Fed Scales Back Emergency Lending Programs
June 25, 2009 - 1:06 PMThe Federal Reserve took the first step Thursday toward winding down the numerous emergency lending programs it launched last fall at the height of the financial crisis.
The Fed will allow one program intended to support money market mutual funds to lapse by Oct. 31, and is reducing the amount it will lend to banks under two others.
At the same time, the Fed is extending through Feb. 1, four other programs scheduled to expire Oct. 31.
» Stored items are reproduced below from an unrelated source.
-- ===== src/Storage/Dump.antt =====
-- `dumpToStringLocked`, `load` and `backgroundDumper` of sources/services/storage/ramcachedb.go.
use variables_and_streams_se.Base.{
  ℕ, List, [], ◌∷◌, ◌++◌, false, Option, none, some, if◌then◌else◌, is_empty,
}
use variables_and_streams_se.Base.Text.{Text, before, after, has_byte, split, is_blank}
use variables_and_streams_se.Storage.{RamCacheDb}
use variables_and_streams_se.Storage.Path.{dot, scroll_path}
use variables_and_streams_se.Storage.Tree.{
  RamNode, Childs, node, no_childs, child, value, set_value, alter,
}

abbrev pub newline : ℕ
newline = 10

abbrev pub equals : ℕ
equals = b'='

-- `prefix` of dumpToStringLocked.
unfoldable pub dump_prefix : Text → Text
dump_prefix parent = if is_empty parent then [] else parent ++ dot ∷ []

-- One line of the dump, and none for the empty value.
unfoldable pub dump_line : Text → Text → Text
dump_line key v = if is_empty v then [] else key ++ equals ∷ v ++ newline ∷ []

-- dumpToStringLocked, and its range over the children.
unfoldable mutual
  pub dump_to_string : RamNode → Text → Text
  dump_to_string (node i v cs) parent = dump_childs cs (dump_prefix parent)

  pub dump_childs : Childs → Text → Text
  dump_childs no_childs prefix = []
  dump_childs (child k c cs) prefix =
      dump_line (prefix ++ k) (value c) ++ dump_to_string c (prefix ++ k) ++ dump_childs cs prefix

-- The round of `load` for one line of the file.
unfoldable pub load_line : Text → RamNode → RamNode
load_line line n =
    if is_blank line
    then n
    else if has_byte equals line
    then alter (scroll_path (before equals line)) (set_value (after equals line)) n
    else n

unfoldable pub load_lines : List Text → RamNode → RamNode
load_lines [] n = n
load_lines (line ∷ lines) n = load_lines lines (load_line line n)

-- `load`, given what is read of the file: nothing, if it does not exist.
unfoldable pub load : Option Text → RamCacheDb → RamCacheDb
load none r = r
load (some text) r = record {
  root = load_lines (split newline text) r.root;
  pending_changes = false;
}

-- What os.MkdirAll and os.WriteFile come to: the whole text, or an error and what it leaves of the file,
-- which os.WriteFile truncates before it writes.
pub data Write : Type 0 where
  complete : Write
  broken : Option Text → Write

-- What is then in the file.
unfoldable pub file_after : Write → Text → Option Text
file_after complete text = some text
file_after (broken left) text = left

-- The service with its file.
pub record Service : Type 0 where
  pub db : RamCacheDb
  pub file : Option Text

-- A round of backgroundDumper. `dump` logs a failure and returns, and the round goes on.
unfoldable pub dump_round : Write → Service → Service
unfolding file_after
dump_round write s =
    if s.db.pending_changes
    then record {
      db = record { root = s.db.root; pending_changes = false };
      file = file_after write (dump_to_string s.db.root []);
    }
    else s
The changes are the first by the central bank designed to scale back its efforts to support the financial system. The Fed pumped trillions of dollars into commercial and investment banks through an alphabet-soup of emergency programs as the banks hoarded cash and refused to lend to each other and consumers late last year.
At the same time, the Fed is moving cautiously. The program that will end in October hasn't actually been used, and the programs being scaled back have seen much less demand from banks in recent months.
The Fed says the moves reflect its view that "financial markets have improved in recent months, but market functioning in many areas remains impaired" and likely will be "strained for some time."
The Fed said it will allow the Money Market Investor Funding Facility to expire Oct. 31. The program was part of the government's efforts last fall to prevent a run on money market mutual funds, after one fund saw its shares fall below $1 in the wake of Lehman Brothers' collapse in September.
The Fed facility, which was never used, was intended to reassure investors that money funds would be able to fully redeem their investments, by allowing the funds to sell assets to the central bank.
The Fed also said it will reduce the maximum amount it will lend under the Term Auction Facility, which provides one-month loans to banks, to $500 billion from $600 billion.
The Fed has lent $336.6 billion under the TAF, down from a peak of $493.1 billion in March.
The Term Securities Lending Facility, which allows investment banks to borrow the Fed's Treasury securities in exchange for riskier mortgage-backed securities and corporate bonds, also is being scaled down.
The maximum amount outstanding under that program will drop to $75 billion from $200 billion. The use of that program has dropped to $15.75 billion from a peak of $233.6 billion in October.